== Information provided ==
╔══

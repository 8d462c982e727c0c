-- ===== src/Base/Distinct.antt =====
-- Lists without repetition, and membership in the part that a test keeps.
use mathlib.Core.Path.{◌≡◌, refl, ◌∙◌}
use mathlib.Core.Bool.{Bool, true, false, ◌&&◌}
use mathlib.Core.List.{List, [], ◌∷◌, ◌++◌}
use native.Mathlib.Omega.{arith}
use testhub.Base.Lists.{keep}
use testhub.Base.Texts.{Text, text_eq_iff, mem_text, mem_text-append, IsDistinct}

pub mem_text-keep :
    (p : Text → Bool) (k : Text) (ks : List Text) → mem_text k (keep p ks) ≡ (p k && mem_text k ks)
mem_text-keep p k [] = ground arith
mem_text-keep p k (j ∷ ks) = ground (arith, mem_text-keep p k ks, text_eq_iff j k)

pub IsDistinct-keep : (p : Text → Bool) (ids : List Text) → IsDistinct ids → IsDistinct (keep p ids)
IsDistinct-keep p [] d = tt
IsDistinct-keep p (x ∷ ids) d =
    let fewer : mem_text x (keep p ids) ≡ false = mem_text-keep p x ids ∙ ground (arith, d.0) in
    ground (arith, fewer, IsDistinct-keep p ids d.1)

pub IsDistinct-append :
    (xs ys : List Text)
    → IsDistinct xs
    → IsDistinct ys
    → ((x : Text) → mem_text x xs ≡ true → mem_text x ys ≡ false)
    → IsDistinct (xs ++ ys)
IsDistinct-append [] ys d e apart = e
IsDistinct-append (x ∷ xs) ys d e apart = (
  mem_text-append x xs ys ∙ ground (arith, d.0, apart x, text_eq_iff x x),
  IsDistinct-append xs ys d.1 e (λ y m. apart y (ground arith)),
)

-- A text that is new goes to the end.
pub IsDistinct-concat :
    (id : Text) (ids : List Text)
    → mem_text id ids ≡ false
    → IsDistinct ids
    → IsDistinct (ids ++ (id ∷ []))
IsDistinct-concat id [] n d = (refl, tt)
IsDistinct-concat id (x ∷ ids) n d = (
  mem_text-append x ids (id ∷ []) ∙ ground (arith, d.0, text_eq_iff id x, text_eq_iff x id),
  IsDistinct-concat id ids (ground arith) d.1,
)
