-- ===== src/Base/Maps.antt =====
-- `std::map<std::string, V>`: an association list in key order, so that a walk over it visits
-- the entries as the map's iterator does.

use mathlib.Core.Path.{◌≡◌, refl}
use mathlib.Core.Bool.{Bool, true}
use mathlib.Core.List.{List, [], ◌∷◌}
use mathlib.Core.Option.{Option, none, some}
use native.Mathlib.Omega.{arith}
use testhub.Base.Tests.{if◌then◌else◌, is_some}
use testhub.Base.Texts.{Text, text_eq, text_lt, text_eq_iff, text_lt_connex}

module _ {ℓ} where
  abbrev pub Map : Type ℓ → Type ℓ
  Map V = List (Text × V)

module _ {ℓ} {V : Type ℓ} where
  unfoldable pub find : Text → Map V → Option V
  find k [] = none
  find k ((j, v) ∷ m) = if text_eq j k then some v else find k m

  -- `m[k] = v`.
  unfoldable pub insert : Text → V → Map V → Map V
  insert k v [] = (k, v) ∷ []
  insert k v ((j, w) ∷ m) =
      if text_eq j k
      then (k, v) ∷ m
      else if text_lt k j
      then (k, v) ∷ (j, w) ∷ m
      else (j, w) ∷ insert k v m

  -- `m.erase(k)`; a key occurs once in a map.
  unfoldable pub erase : Text → Map V → Map V
  erase k [] = []
  erase k ((j, w) ∷ m) = if text_eq j k then erase k m else (j, w) ∷ erase k m

  -- `m.count(k)`, which is 0 or 1.
  abbrev pub has : Text → Map V → Bool
  has k m = is_some (find k m)

  pub find-insert :
      (j k : Text) (v : V) (m : Map V)
      → find j (insert k v m) ≡ (if text_eq k j then some v else find j m)
  unfolding find insert
  find-insert j k v [] = refl
  find-insert j k v ((i, w) ∷ m) =
      ground (arith, text_eq_iff k j, text_eq_iff i k, text_eq_iff i j, find-insert j k v m)

  pub find-erase :
      (j k : Text) (m : Map V) → find j (erase k m) ≡ (if text_eq k j then none else find j m)
  unfolding find erase
  find-erase j k [] = ground arith
  find-erase j k ((i, w) ∷ m) =
      ground (arith, text_eq_iff k j, text_eq_iff i k, text_eq_iff i j, find-erase j k m)

  -- The keys in strictly rising order, all above `k`.
  abbrev pub Above : Text → Map V → Type 0
  Above k [] = Unit
  Above k ((j, w) ∷ m) = (text_lt k j ≡ true) × Above j m

  abbrev pub IsOrdered : Map V → Type 0
  IsOrdered [] = Unit
  IsOrdered ((j, w) ∷ m) = Above j m

  insert-Above :
      (i k : Text) (v : V) (m : Map V) → Above i m → text_lt i k ≡ true → Above i (insert k v m)
  unfolding insert
  insert-Above i k v [] h l = (l, tt)
  insert-Above i k v ((j, w) ∷ m) h l =
      ground (arith, text_eq_iff j k, text_lt_connex k j, insert-Above j k v m h.1, text_eq_iff k j)

  pub insert-IsOrdered : (k : Text) (v : V) (m : Map V) → IsOrdered m → IsOrdered (insert k v m)
  unfolding insert
  insert-IsOrdered k v [] h = tt
  insert-IsOrdered k v ((j, w) ∷ m) h =
      ground (arith, text_eq_iff j k, text_eq_iff k j, text_lt_connex k j, insert-Above j k v m h)
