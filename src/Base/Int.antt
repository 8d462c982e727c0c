-- ===== src/Base/Int.antt =====
-- `int` and `long long` values that may be negative; `negsuc n` is -(n + 1).
use Prim.Native.Nat.{ℕ, suc, ◌+◌}
use mathlib.Core.Bool.{Bool}
use testhub.Base.Tests.{◌==◌, ltb, if◌then◌else◌}

pub data ℤ : Type 0 where
  pos : ℕ → ℤ
  negsuc : ℕ → ℤ

abbrev pub pos_part : ℤ → ℕ
pos_part (pos n) = n
pos_part (negsuc n) = 0

abbrev pub neg_part : ℤ → ℕ
neg_part (pos n) = 0
neg_part (negsuc n) = suc n

abbrev pub int_lt : ℤ → ℤ → Bool
int_lt a b = ltb (pos_part a + neg_part b) (pos_part b + neg_part a)

abbrev pub int_eq : ℤ → ℤ → Bool
int_eq a b = pos_part a + neg_part b == pos_part b + neg_part a

-- `std::max`.
abbrev pub int_max : ℤ → ℤ → ℤ
int_max a b = if int_lt a b then b else a
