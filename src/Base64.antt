-- ===== src/Base64.antt =====
-- Base64 (src/util/base64.h). A byte is a number below 256; the bits that an `|` joins do not overlap,
-- so it is written as a sum, and a shift as a product or a quotient by a power of two.
pub mod RoundTrip
use testhub.Base.{
  ℕ, zero, suc, ◌+◌, ◌-◌, ◌*◌, ◌/◌, ◌%◌, ◌^◌, Bool, true, false, ◌&&◌, ◌||◌, Option, some, none,
  List, [], ◌∷◌, ◌++◌, get_elem?, ltb, leb, ◌==◌, Text, codes, if◌then◌else◌,
}

abbrev pub table : Text
table = codes "ABCDEFGHIJKLMNOPQRSTUVWXYZabcdefghijklmnopqrstuvwxyz0123456789+/"

-- `table[i & 63]`.
unfoldable pub symbol : ℕ → ℕ
symbol i = elim (get_elem? table (i % 64)) [ none ↦ 0 | some c ↦ c ]

unfoldable pub encode : Text → Text
encode [] = []
encode (a ∷ []) = let v = a * 2 ^ 16 in symbol (v / 2 ^ 18) ∷ symbol (v / 2 ^ 12) ∷ b'=' ∷ b'=' ∷ []
encode (a ∷ b ∷ []) =
    let v = a * 2 ^ 16 + b * 2 ^ 8 in
    symbol (v / 2 ^ 18) ∷ symbol (v / 2 ^ 12) ∷ symbol (v / 2 ^ 6) ∷ b'=' ∷ []
encode (a ∷ b ∷ c ∷ s) =
    let v = a * 2 ^ 16 + b * 2 ^ 8 + c in
    symbol (v / 2 ^ 18) ∷ symbol (v / 2 ^ 12) ∷ symbol (v / 2 ^ 6) ∷ symbol v ∷ encode s

-- The lambda `value`.
unfoldable pub value : ℕ → Option ℕ
value c =
    if leb b'A' c && leb c b'Z'
    then some (c - b'A')
    else if leb b'a' c && leb c b'z'
    then some (c - b'a' + 26)
    else if leb b'0' c && leb c b'9'
    then some (c - b'0' + 52)
    else if c == b'+' || c == b'-'
    then some 62
    else if c == b'/' || c == b'_'
    then some 63
    else none

-- The loop of `decode` with its buffer of 32 bits and the number of bits that wait in it.
unfoldable pub decode_loop : Text → ℕ → ℕ → Text
decode_loop [] buf bits = []
decode_loop (c ∷ s) buf bits = elim (c == b'=') [
  | true ↦ []
  | false ↦ elim (value c) [
    | none ↦ decode_loop s buf bits
    | some v ↦
        let next = (buf * 2 ^ 6 + v) % 2 ^ 32 in
        elim (leb 8 (bits + 6)) [
          | true ↦ let left = bits + 6 - 8 in next / 2 ^ left % 2 ^ 8 ∷ decode_loop s next left
          | false ↦ decode_loop s next (bits + 6)
        ]
  ]
]

unfoldable pub decode : Text → Text
decode s = decode_loop s 0 0
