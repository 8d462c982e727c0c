-- ===== src/Base64/RoundTrip.antt =====
-- What is encoded in base64 is decoded again.
use testhub.Base.{
  ℕ, zero, suc, ◌+◌, ◌-◌, ◌*◌, ◌/◌, ◌%◌, ◌^◌, ◌<◌, ◌≡◌, refl, ap, ◌∙◌, arith, Bool, true, false,
  ◌&&◌, not, some, none, Bool-cases, inl, inr, [], get_elem?, ◌∷◌, All, leb, ◌==◌, Text, codes,
}
use testhub.Base64.{symbol, value, encode, decode_loop, decode, table}

-- `p` holds of every number below the bound.
unfoldable every_below : ℕ → (ℕ → Bool) → Bool
every_below zero p = true
every_below (suc n) p = p n && every_below n p

same : (i n : ℕ) → (i == n) ≡ true → i ≡ n
same i n h = ground arith

every_below-lt : (n : ℕ) (p : ℕ → Bool) → every_below n p ≡ true → (i : ℕ) → i < n → p i ≡ true
unfolding every_below
every_below-lt zero p h i l = ground arith
every_below-lt (suc n) p h i l = elim (Bool-cases (i == n)) [
  | inl e ↦ ground (arith, h, ap p (same i n e))
  | inr e ↦ every_below-lt n p (ground (arith, h)) i (ground (arith, e))
]

-- The symbol of six bits has their value, and is not the padding.
unfoldable is_read : ℕ → Bool
is_read i = not (symbol i == b'=') && elim (value (symbol i)) [ none ↦ false | some v ↦ v == i ]

every-is_read : every_below 64 is_read ≡ true
unfolding value symbol every_below is_read
every-is_read = refl

symbol-value : (w : ℕ) → w < 64 → (symbol w == b'=' ≡ false) × (value (symbol w) ≡ some w)
unfolding is_read
symbol-value w l = ground (arith, every_below-lt 64 is_read every-is_read w l)

sixty_four : (i : ℕ) → i % 64 ≡ i % 64 % 64
sixty_four i = omega arith

symbol-mod : (i : ℕ) → symbol i ≡ symbol (i % 64)
unfolding symbol
symbol-mod i = ap (λ (k : ℕ). elim (get_elem? table k) [ none ↦ 0 | some c ↦ c ]) (sixty_four i)

symbol-reads : (i : ℕ) → (symbol i == b'=' ≡ false) × (value (symbol i) ≡ some (i % 64))
symbol-reads i = rw (symbol-mod i) (symbol-value (i % 64) (omega arith))

-- A symbol that does not fill a byte waits in the buffer.
decode_loop-wait :
    (i : ℕ) (s : Text) (buf bits : ℕ)
    → leb 8 (bits + 6) ≡ false
    → decode_loop (symbol i ∷ s) buf bits
      ≡ decode_loop s ((buf * 64 + i % 64) % 4294967296) (bits + 6)
unfolding decode_loop
decode_loop-wait i s buf bits h = rw ((symbol-reads i).0, (symbol-reads i).1, h, decode_loop) refl

-- A symbol that fills a byte lets it go.
decode_loop-emit :
    (i : ℕ) (s : Text) (buf bits : ℕ)
    → leb 8 (bits + 6) ≡ true
    → decode_loop (symbol i ∷ s) buf bits
      ≡ ((buf * 64 + i % 64) % 4294967296 / 2 ^ (bits + 6 - 8) % 256)
        ∷ decode_loop s ((buf * 64 + i % 64) % 4294967296) (bits + 6 - 8)
unfolding decode_loop
decode_loop-emit i s buf bits h = rw ((symbol-reads i).0, (symbol-reads i).1, h, decode_loop) refl

-- The buffer after a symbol.
abbrev after : ℕ → ℕ → ℕ
after buf i = (buf * 64 + i % 64) % 4294967296

next_byte : (x y : ℕ) (s : Text) → x ≡ y → (x ∷ s) ≡ (y ∷ s)
next_byte x y s e = ap (λ z. z ∷ s) e

-- The bytes that come out of a group do not depend on what is left in the buffer.
decode_loop-first :
    (s : Text) (buf v a r : ℕ)
    → v ≡ a * 65536 + r
    → r < 65536
    → a < 256
    → decode_loop (symbol (v / 262144) ∷ symbol (v / 4096) ∷ s) buf 0
      ≡ a ∷ decode_loop s (after (after buf (v / 262144)) (v / 4096)) 4
decode_loop-first s buf v a r e h k =
    decode_loop-wait (v / 262144) (symbol (v / 4096) ∷ s) buf 0 refl
    ∙ decode_loop-emit (v / 4096) s (after buf (v / 262144)) 6 refl
    ∙ next_byte _ a _ (omega arith)

decode_loop-second :
    (s : Text) (buf v q b r : ℕ)
    → v ≡ q * 65536 + b * 256 + r
    → r < 256
    → b < 256
    → decode_loop (symbol (v / 64) ∷ s) (after buf (v / 4096)) 4
      ≡ b ∷ decode_loop s (after (after buf (v / 4096)) (v / 64)) 2
decode_loop-second s buf v q b r e h k =
    decode_loop-emit (v / 64) s (after buf (v / 4096)) 4 refl ∙ next_byte _ b _ (omega arith)

decode_loop-third :
    (s : Text) (buf v q c : ℕ)
    → v ≡ q * 256 + c
    → c < 256
    → decode_loop (symbol v ∷ s) (after buf (v / 64)) 2
      ≡ c ∷ decode_loop s (after (after buf (v / 64)) v) 0
decode_loop-third s buf v q c e h =
    decode_loop-emit v s (after buf (v / 64)) 2 refl ∙ next_byte _ c _ (omega arith)

decode_loop-encode : (s : Text) (buf : ℕ) → All (λ c. c < 256) s → decode_loop (encode s) buf 0 ≡ s
unfolding encode decode_loop
decode_loop-encode [] buf h = refl
decode_loop-encode (a ∷ []) buf h =
    decode_loop-first (codes "==") buf (a * 65536) a 0 (omega arith) (omega arith) h.0
decode_loop-encode (a ∷ b ∷ []) buf (ha, (hb, h)) =
    let v = a * 65536 + b * 256 in
    let buf' = after buf (v / 262144) in
    decode_loop-first (symbol (v / 64) ∷ codes "=") buf v a (b * 256) refl (omega arith) ha
    ∙ ap (λ t. a ∷ t) (decode_loop-second (codes "=") buf' v a b 0 (omega arith) (omega arith) hb)
decode_loop-encode (a ∷ b ∷ c ∷ s) buf (ha, (hb, (hc, h))) =
    let v = a * 65536 + b * 256 + c in
    let buf' = after buf (v / 262144) in
    let buf'' = after buf' (v / 4096) in
    decode_loop-first (symbol (v / 64) ∷ symbol v ∷ encode s) buf v a (b * 256 + c) (omega arith)
      (omega arith) ha
    ∙ ap (λ t. a ∷ t) (decode_loop-second (symbol v ∷ encode s) buf' v a b c refl hc hb)
    ∙ ap (λ t. a ∷ b ∷ t)
        (decode_loop-third (encode s) buf'' v (a * 256 + b) c (omega arith) hc
          ∙ ap (λ t. c ∷ t) (decode_loop-encode s (after (after buf'' (v / 64)) v) h))

-- Decoding what was encoded gives the text back, for every text of bytes.
pub decode-encode : (s : Text) → All (λ c. c < 256) s → decode (encode s) ≡ s
unfolding decode
decode-encode s h = decode_loop-encode s 0 h
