-- ===== src/StringUtil.antt =====
-- src/util/string_util.h: the string helpers, over lists of bytes, in the C locale.
--
-- `split` and `replace` search for a string again and again; their loops run on fuel, one round
-- for each byte and one more. With an empty needle the source does not stop, and the fuel ends.
pub mod Case
pub mod Trim
pub mod Split
use mathlib.Core.Option
use testhub.Base.{
  ℕ, zero, suc, ◌+◌, ◌-◌, ◌*◌, Bool, true, false, not, ◌&&◌, ◌||◌, List, [], ◌∷◌, ◌++◌, map, Option,
  none, some, length, is_empty, is_some, is_none, take, drop, ltb, leb, ◌==◌, if◌then◌else◌, Text,
  codes, text_eq,
}
use testhub.Base.Int.{ℤ, pos, negsuc}

-- `std::tolower` and `std::toupper` of one byte.
unfoldable pub lower_byte : ℕ → ℕ
lower_byte c = if leb b'A' c && leb c b'Z' then c + 32 else c

unfoldable pub upper_byte : ℕ → ℕ
upper_byte c = if leb b'a' c && leb c b'z' then c - 32 else c

unfoldable pub to_lower : Text → Text
to_lower = map lower_byte

unfoldable pub to_upper : Text → Text
to_upper = map upper_byte

-- A byte of " \t\n\r\f\v", which are those that `std::isspace` accepts.
unfoldable pub is_space : ℕ → Bool
is_space c = c == 32 || (leb 9 c && leb c 13)

unfoldable pub is_digit : ℕ → Bool
is_digit c = leb b'0' c && leb c b'9'

unfoldable pub is_alpha : ℕ → Bool
is_alpha c = (leb b'a' c && leb c b'z') || (leb b'A' c && leb c b'Z')

unfoldable pub is_alnum : ℕ → Bool
unfolding is_alpha is_digit
is_alnum c = is_alpha c || is_digit c

-- `result.erase(0, result.find_first_not_of(...))`.
unfoldable pub trim_start : Text → Text
trim_start [] = []
trim_start (c ∷ cs) = if is_space c then trim_start cs else c ∷ cs

-- `result.erase(result.find_last_not_of(...) + 1)`.
unfoldable pub trim_end : Text → Text
trim_end [] = []
trim_end (c ∷ cs) = let rest = trim_end cs in if is_space c && is_empty rest then [] else c ∷ rest

abbrev pub trim : Text → Text
trim s = trim_end (trim_start s)

-- `str.compare(0, prefix.length(), prefix) == 0`, where the string is long enough.
unfoldable pub starts_with : Text → Text → Bool
starts_with s [] = true
starts_with [] (p ∷ ps) = false
starts_with (c ∷ cs) (p ∷ ps) = c == p && starts_with cs ps

unfoldable pub ends_with : Text → Text → Bool
ends_with s suffix =
    if ltb (length s) (length suffix)
    then false
    else text_eq (drop (length s - length suffix) s) suffix

-- `str.find(needle)`: where the needle first occurs.
unfoldable pub find_text : Text → Text → Option ℕ
find_text [] needle = if is_empty needle then some 0 else none
find_text (c ∷ cs) needle =
    if starts_with (c ∷ cs) needle then some 0 else Option.map suc (find_text cs needle)

abbrev pub contains : Text → Text → Bool
contains s needle = is_some (find_text s needle)

-- The `while` loop of `split` with the last token, from `start` on.
unfoldable pub split_from : ℕ → Text → Text → List Text
split_from zero s delimiter = []
split_from (suc fuel) s delimiter = elim (find_text s delimiter) [
  | none ↦ s ∷ []
  | some end ↦ take end s ∷ split_from fuel (drop (end + length delimiter) s) delimiter
]

unfoldable pub split : Text → Text → List Text
split s delimiter = if is_empty s then [] else split_from (suc (length s)) s delimiter

join_rest : List Text → Text → Text
join_rest [] delimiter = []
join_rest (t ∷ ts) delimiter = delimiter ++ (t ++ join_rest ts delimiter)

unfoldable pub join : List Text → Text → Text
unfolding join_rest
join [] delimiter = []
join (t ∷ ts) delimiter = t ++ join_rest ts delimiter

-- The `while` loop of `replace`, from `pos` on: what stands before is written already.
unfoldable pub replace_from : ℕ → Text → Text → Text → Text
replace_from zero s from to = s
replace_from (suc fuel) s from to = elim (find_text s from) [
  | none ↦ s
  | some at ↦ take at s ++ (to ++ replace_from fuel (drop (at + length from) s) from to)
]

unfoldable pub replace : Text → Text → Text → Text
replace s from to = replace_from (suc (length s)) s from to

-- The digits of `std::stoi`: the value of the longest run, and whether there was a digit.
digits_value : ℕ → Bool → Text → Option ℕ
digits_value acc seen [] = if seen then some acc else none
digits_value acc seen (c ∷ cs) =
    if is_digit c
    then digits_value (acc * 10 + (c - b'0')) true cs
    else if seen
    then some acc
    else none

-- `std::stoi`; `none` is a thrown exception, for no digits or a value that is no `int`.
signed_value : Bool → Option ℕ → Option ℤ
signed_value negative none = none
signed_value false (some n) = if ltb n 2147483648 then some (pos n) else none
signed_value true (some zero) = some (pos 0)
signed_value true (some (suc n)) = if ltb n 2147483648 then some (negsuc n) else none

stoi_sign : Text → Option ℤ
stoi_sign [] = none
stoi_sign (c ∷ cs) =
    if c == b'-'
    then signed_value true (digits_value 0 false cs)
    else signed_value false (digits_value 0 false (if c == b'+' then cs else c ∷ cs))

unfoldable pub stoi : Text → Option ℤ
unfolding stoi_sign signed_value digits_value
stoi s = stoi_sign (trim_start s)

unfoldable pub to_int : Text → ℤ
to_int s = elim (stoi s) [ none ↦ pos 0 | some n ↦ n ]

unfoldable pub to_bool : Text → Bool
to_bool s =
    let lower = to_lower s in
    text_eq lower (codes "true") || text_eq lower (codes "1") || text_eq lower (codes "yes")

abbrev pub is_blank : Text → Bool
is_blank s = is_empty (trim s)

╚══

== Task statement ==
Give again exactly, and only, the lines above starting at the one with "int_max a b = if int_lt a b then b else a" and ending at the one with "symbol i = elim".

== Expected output ==
int_max a b = if int_lt a b then b else a
filename src/Base64.antt
-- ===== src/Base64.antt =====
-- Base64 (src/util/base64.h). A byte is a number below 256; the bits that an `|` joins do not overlap,
-- so it is written as a sum, and a shift as a product or a quotient by a power of two.
pub mod RoundTrip
use testhub.Base.{
  ℕ, zero, suc, ◌+◌, ◌-◌, ◌*◌, ◌/◌, ◌%◌, ◌^◌, Bool, true, false, ◌&&◌, ◌||◌, Option, some, none,
  List, [], ◌∷◌, ◌++◌, get_elem?, ltb, leb, ◌==◌, Text, codes, if◌then◌else◌,
}

abbrev pub table : Text
table = codes "ABCDEFGHIJKLMNOPQRSTUVWXYZabcdefghijklmnopqrstuvwxyz0123456789+/"

-- `table[i & 63]`.
unfoldable pub symbol : ℕ → ℕ
symbol i = elim (get_elem? table (i % 64)) [ none ↦ 0 | some c ↦ c ]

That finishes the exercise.